Bismillaahirrahmaanirrahiim

1. Tahun 1914 delapan puluh lima tokoh komunis Belanda mendirikan serikat buruh di Indonesia, diberi nama ISDV (Indische Sosialis Democratic Vereeneging). Saat itu Indonesia dijajah oleh Hindia Belanda. Tokoh komunis Belanda ingin mengubah pemerintahan kapitalis Belanda menjadi komunis. Indonesia dipilih karena merupakan ladang kekayaan alam Belanda. Mereka ingin mengganggu stabilitas politik Hindia Belanda. ISDV didanai oleh Uni Soviet.

2. Tahun 1917 delapan puluh lima tokoh komunis tersebut menghasut buruh dan petani yang sudah menjadi anggota untuk membakar perkebunan dan perkantoran Belanda. Para tokoh tersebut ditangkap dan dikembalikan ke Belanda, kecuali beberapa orang yang dianggap tidak bersalah. Adapun para buruh dan petani yang tertangkap dihukum mati, dipenjara, disiksa, dikerjapaksakan oleh Hindia Belanda. Tujuan pembakaran BUKAN untuk memperjuangkan kemerdekaan Indonesia, tapi untuk mengganggu stabilitas pemerintahan kapitalis Hindia Belanda yang ingin mereka ubah menjadi pemerintahan komunis.

3. Setelah para tokohnya dipulangkan ke Belanda, ISDV tidak dibubarkan. Pengurusnya diganti. Pada tahun 1920 ISDV diganti menjadi PKH (Perserikatan Komunis Hindia Belanda). PKH dipimpin oleh Semaun dan Darsono.

4. Konferensi Komunis di Moskow, Uni Soviet menuntut pendirian partai komunis di seantero dunia dalam rangka merebut kekuasaan. Tahun 1926 di Semarang PKH berubah nama menjadi PKI (Partai Komunis Indonesia) dipimpin oleh Muso dan Alimin.

5. Tahun 1927 PKI yang sudah berhasil merekrut banyak anggota, atas arahan Uni Soviet dan Partai Komunis Belanda membuat kerusuhan yang lebih besar. Perkebunan dibakar, stasiun dan terminal diserbu. Sekali lagi, ini BUKAN dalam rangka memperjuangkan kemerdekaan Indonesia. Hal ini dilakukan untuk mengubah pemerintahan kapitalis Belanda menjadi pemerintahan komunis di bawah kendali Uni Soviet.

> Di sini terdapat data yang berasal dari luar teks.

-- ===== src/Shell/Builtin/Model.antt =====
-- The commands of BuildinCommand. What they print is a text; both cout and cerr are the client's
-- socket. `none` is a missing argument, an exception of stoi, or what the managers give.
use nycu_csic30091_netw.Prelude.{
  zero, suc, ℕ, Bool, true, false, Option, none, some, List, [], ◌∷◌, ◌++◌, ◌>>=◌, ◌==◌,
  if◌then◌else◌, ltb,
}
use nycu_csic30091_netw.Prelude.Bytes.{Bytes, codes, str_eq}
use nycu_csic30091_netw.Cxx.Decimal.{to_string, read_number}
use nycu_csic30091_netw.Cxx.Map.{Map}
use nycu_csic30091_netw.Cxx.Stream.{skip_ws}
use nycu_csic30091_netw.Cxx.TextMap.{TextMap}
use nycu_csic30091_netw.Shell.Users.Model.{
  User, read_from_shared_memory, get_user_by_id, get_user_by_pid, set_name_by_id,
}
use nycu_csic30091_netw.Shell.Server.Model.{Shared, broadcast, send_direct_message, shown_name}
use nycu_csic30091_netw.Shell.Builtin.Env.{Kept, set_env, get_env}

pub record Context : Type 0 where
  pub shared : Shared
  pub env_map : List Kept
  pub exit_flag : Bool

-- What a command returns, what it prints, and what it leaves.
pub record Outcome : Type 0 where
  pub ok : Bool
  pub output : Bytes
  pub context : Context

pub data Builtin : Type 0 where
  exit printenv setenv who yell name tell : Builtin

unfoldable pub builtin_of : Bytes → Option Builtin
builtin_of c =
    if str_eq c (codes "exit")
    then some exit
    else if str_eq c (codes "printenv")
    then some printenv
    else if str_eq c (codes "setenv")
    then some setenv
    else if str_eq c (codes "who")
    then some who
    else if str_eq c (codes "yell")
    then some yell
    else if str_eq c (codes "name")
    then some name
    else if str_eq c (codes "tell")
    then some tell
    else none

unfoldable pub printenv_command : TextMap → List Bytes → Context → Outcome
printenv_command vars [] c = record { ok = false; output = []; context = c }
printenv_command vars (n ∷ _) c =
    let (v, ks) = get_env vars n c.env_map in
    record { ok = true; output = v ++ 10 ∷ []; context = record c { env_map = ks } }

unfoldable pub setenv_command : TextMap → List Bytes → Context → Outcome
setenv_command vars [] c = record { ok = false; output = []; context = c }
setenv_command vars (n ∷ []) c = record {
  ok = true;
  output = [];
  context = record c { env_map = set_env vars n [] c.env_map };
}
setenv_command vars (n ∷ v ∷ _) c = record {
  ok = true;
  output = [];
  context = record c { env_map = set_env vars n v c.env_map };
}

abbrev pub is_me : User → User → Bool
is_me me u = u.id == me.id

unfoldable pub who_lines : User → Map User → Bytes
who_lines me [] = []
who_lines me ((k, u) ∷ m) =
    to_string u.id
    ++ (9 ∷ shown_name u.name)
    ++ (9 ∷ u.ip_addr)
    ++ (if is_me me u then codes "\t<-me" else [])
    ++ 10 ∷ who_lines me m

unfoldable pub who_command : ℕ → Context → Option Outcome
who_command pid c = do
  me ← get_user_by_pid pid c.shared.users
  maps ← read_from_shared_memory c.shared.users
  some (record {
    ok = true;
    output = codes "<ID>\t<nickname>\t<IP:port>\t<indicate me>\n" ++ who_lines me maps.id_user_map;
    context = c;
  })

abbrev pub yell_text : Bytes → Bytes → Bytes
yell_text from_name text = codes "*** " ++ (shown_name from_name ++ (codes " yelled ***: " ++ text))

unfoldable pub yell_command : ℕ → List Bytes → Context → Option Outcome
yell_command pid [] c = none
yell_command pid (text ∷ _) c = do
  me ← get_user_by_pid pid c.shared.users
  let message = yell_text (me.name) text
  shared ← broadcast message false pid c.shared
  some (record { ok = true; output = message ++ 10 ∷ []; context = record c { shared = shared } })

abbrev pub taken_text : Bytes → Bytes
taken_text n = codes "*** User '" ++ (n ++ codes "' already exists. ***\n")

abbrev pub named_text : User → Bytes → Bytes
named_text me n =
    codes "*** User from " ++ (me.ip_addr ++ (codes " is named '" ++ (n ++ codes "'. ***")))

unfoldable pub name_command : ℕ → List Bytes → Context → Option Outcome
name_command pid [] c = none
name_command pid (n ∷ _) c = do
  me ← get_user_by_pid pid c.shared.users
  let refused : Outcome = record {
    ok = false;
    output = codes "Error args1 cannot be empty\n";
    context = c;
  }
  let renamed = (do
    (done, users) ← set_name_by_id me.id n c.shared.users
    let s = record (c.shared) { users = users }
    let taken : Outcome = record {
      ok = false;
      output = taken_text n;
      context = record c { shared = s };
    }
    let announced = (do
      shared ← broadcast (named_text me n) false pid s
      some (record {
        ok = true;
        output = named_text me n ++ 10 ∷ [];
        context = record c { shared = shared };
      }))
    (if done then announced else some taken))
  (if str_eq n [] then some refused else renamed)

pub data ℤ : Type 0 where
  pos negsuc : ℕ → ℤ

abbrev pub positive : ℕ → Option ℤ
positive n = if ltb n 2147483648 then some (pos n) else none

abbrev pub negative : ℕ → Option ℤ
negative zero = some (pos 0)
negative (suc n) = if ltb n 2147483648 then some (negsuc n) else none

-- A number with or without a sign.
unfoldable pub read_signed : Bytes → Option ℤ
read_signed [] = none
read_signed (c ∷ s) =
    if c == b'-'
    then read_number s >>= negative
    else if c == b'+'
    then read_number s >>= positive
    else read_number (c ∷ s) >>= positive

-- `none` is an exception: there is no number, or none of 32 bits.
unfoldable pub stoi : Bytes → Option ℤ
stoi text = read_signed (skip_ws text)

abbrev pub int_text : ℤ → Bytes
int_text (pos n) = to_string n
int_text (negsuc n) = b'-' ∷ to_string (suc n)

abbrev pub tell_text : Bytes → Bytes → Bytes
tell_text from_name text =
    codes "*** " ++ (shown_name from_name ++ (codes " told you ***: " ++ text))

abbrev pub no_user_text : ℤ → Bytes
no_user_text id = codes "*** Error: user #" ++ (int_text id ++ codes " does not exist yet. ***\n")

-- `getUserById(toId)`: no user has an id below 0.
unfoldable pub user_of : ℤ → Bytes → Option (Option User)
user_of (pos id) shm = get_user_by_id id shm
user_of (negsuc n) shm = do maps ← read_from_shared_memory shm; some none

-- The end of tellCommand.
unfoldable pub tell_user : User → Option User → ℤ → Bytes → Context → Option Outcome
tell_user me none to_id text c =
    some (record { ok = false; output = no_user_text to_id; context = c })
tell_user me (some to_user) to_id text c = do
  shared ← send_direct_message to_user.id (tell_text me.name text ++ 10 ∷ []) c.shared
  some (record { ok = true; output = []; context = record c { shared = shared } })

unfoldable pub tell_command : ℕ → List Bytes → Context → Option Outcome
tell_command pid (target ∷ text ∷ _) c = do
  me ← get_user_by_pid pid c.shared.users
  to_id ← stoi target
  to_user ← user_of to_id c.shared.users
  tell_user me to_user to_id text c
tell_command pid _ c = none

-- BuildinCommand::execute. `vars` is the environment of the process.
unfoldable pub execute : TextMap → ℕ → Bytes → List Bytes → Context → Option Outcome
execute vars pid command args c = elim (builtin_of command) [
  | none ↦ some (record { ok = false; output = []; context = c })
  | some exit ↦ some (record { ok = true; output = []; context = record c { exit_flag = true } })
  | some printenv ↦ some (printenv_command vars args c)
  | some setenv ↦ some (setenv_command vars args c)
  | some who ↦ who_command pid c
  | some yell ↦ yell_command pid args c
  | some name ↦ name_command pid args c
  | some tell ↦ tell_command pid args c
]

6. Akibat kerusuhan ini para pimpinan PKI dibuang dan mendapatkan suaka politik di Uni Soviet. Akan tetapi, tiga belas ribu petani dan buruh yang terlibat kerusuhan dibuang dan dikerjapaksakan di Irian. Ratusan petani dan buruh disiksa, dibunuh, digantung di jalan-jalan oleh Belanda. Tahun 1927 PKI dibubarkan selama-lamanya oleh Belanda. Pimpinan PKI tidak diizinkan kembali ke Indonesia.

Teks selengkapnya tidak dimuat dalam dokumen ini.